Components of the Estate

Home » Retirement » Estate Planning » Components of the Estate

The Will: It is a misconception that making a will requires a lawyer. Computer software and books are available that provide the necessary forms to disperse your property, name a guardian for your children and make basic decisions regarding your assets. However, if your life is complicated and a large amount of money or property is involved a lawyer is recommended. There should be two witnesses present (3 in Vermont) at the signing of the self-made will. A will is legal if you are of sound mind, the document must indicate this is your will (dated and signed) and witnesses are present at the signing. Your will does not have to filed with any government agency. After completing your own will, make sure you keep it in a safe place and the executor knows where it is located. The law protects surviving spouses so he/she won’t be left without anything. In all states, the surviving spouse has a legal right to claim a portion of the dead spouse’s estate. It doesn’t matter what the will states the surviving spouse receives some portion if the will is contested. If you don’t plan on leaving half of your estate to your spouse, it is wise to consult an attorney.

Personal Guardian: If you have children and are in the process of formulating a will, it is wise to name a personal guardian for them. This step should not be eliminated. Should something happen to you and no guardian is named, anyone can apply to raise your children. Naming one guardian and one alternate is wise. Take time to visit with the person you are naming to make sure this is something they would be willing to undertake if something happened to you or your spouse. Some parents name one person to raise the children and another to control financial matters. These are very important considerations to be made before you make this important choice regarding the future of your children.

Living Trust: A living trust will ensure your family will be able to avoid the hassles of probate. Probate court can drag on for months before property and assets are distributed. By the time they are distributed, there is less to go around to your heirs. Court fees and lawyer fees can erode up to 5 percent of your estate before distribution. There are many advantages to making a living trust. The property that is transferred into the trust during your life passes directly to the beneficiaries after your die. The property you own is held as a trustee so surviving members can claim assets immediately. The trust should include who will inherit property, who will take care of your children and distribution of items left in the trust. The trust should be signed in front of a notary and someone must be designated to be the successor trustee. You still need a will even if you are making a living trust. The will is the back-up for asset distribution should there be any questions. Should you acquire money right before you die and don’t get it under the umbrella of the living trust, then probate here we come. The back-up will can name that person to acquire any property that is not necessarily designated in the trust.

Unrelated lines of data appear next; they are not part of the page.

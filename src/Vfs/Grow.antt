-- ===== src/Vfs/Grow.antt =====
-- The buffer of an open file grows: the doubling loop of `ensure_cap` ends, and the buffer that it
-- leads to holds the bytes asked for.
use aetheroz.Prelude.{
  ℕ, zero, suc, ◌-◌, ◌*◌, ◌%◌, ◌^◌, ◌≤◌, ◌<◌, ◌≡◌, refl, subst, ◌⊎◌, inl, inr, false, Option, none,
  some, arith, ltb, leb, ◌==◌, Bool-cases,
}
use aetheroz.Vfs.{
  Allocator, VfsFile, Growth, grown, too_big, out_of_fuel, double_cap, grow_fuel, regrown,
  ensure_cap,
}

-- What a result of the loop promises; running out of fuel is no result.
pub Grows : ℕ → ℕ → Growth → Type 0
Grows newcap need (grown c) = (need ≤ c) × (newcap ≤ c) × (c < 2 ^ 32)
Grows newcap need too_big = 2 ^ 31 < need
Grows newcap need out_of_fuel = ⊥

Grows-weaken : (a b need : ℕ) (g : Growth) → a ≤ b → Grows b need g → Grows a need g
unfolding Grows
Grows-weaken a b need (grown c) h (p, q, r) = (p, omega arith, r)
Grows-weaken a b need too_big h p = p
Grows-weaken a b need out_of_fuel h p = elim p [ ]

pow_suc : (n : ℕ) → 2 ^ suc n ≡ 2 * 2 ^ n
pow_suc n = omega arith

regroup : (a p : ℕ) → 2 ^ 32 ≤ a * (2 * p) → 2 ^ 32 ≤ a * 2 * p
regroup a p h = grind arith

-- The rounds left carry the capacity past 32 bits.
double_cap-Grows :
    (fuel newcap need : ℕ)
    → 0 < newcap
    → newcap < 2 ^ 32
    → 2 ^ 32 ≤ newcap * 2 ^ fuel
    → Grows newcap need (double_cap fuel newcap need)
unfolding double_cap Grows
double_cap-Grows zero newcap need h k e = absurd (omega arith)
double_cap-Grows (suc fuel) newcap need h k e = elim (Bool-cases (ltb newcap need)) [
  | inr done ↦ rw done (ground arith)
  | inl more ↦ elim (Bool-cases (leb (newcap * 2 % 2 ^ 32) newcap)) [
    | inl wraps ↦ rw (more, wraps) (ground arith)
    | inr fits ↦
        let next : newcap * 2 % 2 ^ 32 ≡ newcap * 2 = ground arith in
        rw (more, fits, next)
          (Grows-weaken newcap (newcap * 2) need (double_cap fuel (newcap * 2) need) (omega arith) (
            double_cap-Grows fuel (newcap * 2) need (omega arith) (ground arith)
              (regroup newcap (2 ^ fuel) (subst (λ p. 2 ^ 32 ≤ newcap * p) (pow_suc fuel) e))))
  ]
]

-- The doubling loop of `ensure_cap`, from any capacity of 32 bits but 0 and for any need: it ends before
-- its fuel does. Where it gives a capacity, that is at least the need and the old capacity and fits 32
-- bits; where it gives up, the need is over 2 ^ 31.
pub double_cap_lem :
    (newcap need : ℕ)
    → 0 < newcap
    → newcap < 2 ^ 32
    → Grows newcap need (double_cap grow_fuel newcap need)
double_cap_lem newcap need h k = double_cap-Grows grow_fuel newcap need h k (omega arith)

-- The file with room for `need` bytes, which keeps all it had; or a reason for the failure.
unfoldable pub Room : Allocator → VfsFile → ℕ → Option VfsFile → Type 0
Room m f need none = (2 ^ 31 < need) ⊎ ((c : ℕ) × (need ≤ c) × (c < 2 ^ 32) × (m.grants c ≡ false))
Room m f need (some g) =
    (need ≤ g.cap)
    × (f.cap ≤ g.cap)
    × (g.cap < 2 ^ 32)
    × ((i : ℕ) → i < f.cap → g.buf i ≡ f.buf i)
    × (g ≡ record f { buf = g.buf; cap = g.cap })

regrown-Room :
    (m : Allocator) (f : VfsFile) (newcap need : ℕ) (g : Growth)
    → f.cap ≤ newcap
    → Grows newcap need g
    → Room m f need (regrown m f g)
unfolding Room regrown Grows
regrown-Room m f newcap need too_big h p = inl p
regrown-Room m f newcap need out_of_fuel h p = elim p [ ]
regrown-Room m f newcap need (grown c) h (p, q, r) = elim (Bool-cases (m.grants c)) [
  | inl granted ↦ rw granted (p, omega arith, r, λ i below. ground arith, refl)
  | inr refused ↦ rw refused (inr (c, p, r, refused))
]

-- `ensure_cap` for a file with a capacity of 32 bits and any need: on success the file has room for
-- the need, its capacity has not shrunk, its bytes below the old capacity are the same, and nothing but buffer and capacity has
-- changed; it fails only where the need is over 2 ^ 31, or where the heap refuses a size of 32 bits
-- that is enough.
pub ensure_cap_lem :
    (m : Allocator) (f : VfsFile) (need : ℕ) → f.cap < 2 ^ 32 → Room m f need (ensure_cap m f need)
unfolding ensure_cap Room
ensure_cap_lem m f need h = elim (Bool-cases (leb need f.cap)) [
  | inl enough ↦ rw enough (ground arith, omega arith, h, λ i below. refl, refl)
  | inr short ↦ elim (Bool-cases (ltb (2 ^ 32 - 1) need)) [
    | inl huge ↦ rw (short, huge) (inl (ground arith))
    | inr fits ↦ elim (Bool-cases (f.cap == 0)) [
      | inl empty ↦
          rw (short, fits, empty)
            (regrown-Room m f 64 need _ (ground arith)
              (double_cap_lem 64 need (omega arith) (omega arith)))
      | inr full ↦
          rw (short, fits, full)
            (regrown-Room m f f.cap need _ (omega arith)
              (double_cap_lem f.cap need (ground arith) h))
    ]
  ]
]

Beneficiary Designations: A beneficiary is simply the person or organization that is legally entitled to receive benefits as designated in a person’s will. This is a major issue when you are completing your estate planning. When naming your beneficiaries remember to consider the beneficiaries age, their ability to manage assets and pension plans. By law, the spouse is the primary beneficiary of pension plans unless otherwise designated in the will. If you are married and have assets under $1 million, a spouse is the most logical beneficiary. Should that spouse be unable to manage the life insurance money or inheritance, then a trustee should be named. If your minor children will inherit property from you when you die, it is important to name an adult to manage this property. Naming a beneficiary for bank accounts and retirement plans will ensure your beneficiaries receive the money automatically-payable on death. This is an important step when opening accounts. Naming immediate beneficiaries will keep this money out of probate.

Power of Attorney: The power of attorney is actually a legal document naming and giving someone else the authority to make decisions on your behalf. A power of attorney may pay your bills or sell real estate for you. They can assist you in your business transactions. A durable power of attorney is someone who assists you if you become sick or incapacitated in some way. This person can pay your bills or assist you in making decisions you cannot make. The power of attorney ends if you become sick so naming a durable power or attorney makes sense. There are two types of durable powers of attorney. You can name one person to take care of your financial affairs, but you can also name someone to make medical decisions if you can’t speak for yourself.

Healthcare Directive: Completing a healthcare directive protects you if you become unable to make medical decisions on your own. This directive includes a living will and a power of attorney for healthcare. The person you designate as your healthcare agent has the legal authority to make medical decisions regarding your health. Writing down health care wishes is another advantage to making a healthcare directive. You may indicate if you don’t have a desire to receive treatment that prolongs the dying process if you are terminally ill. The doctor and your designated healthcare agent may not change your wishes.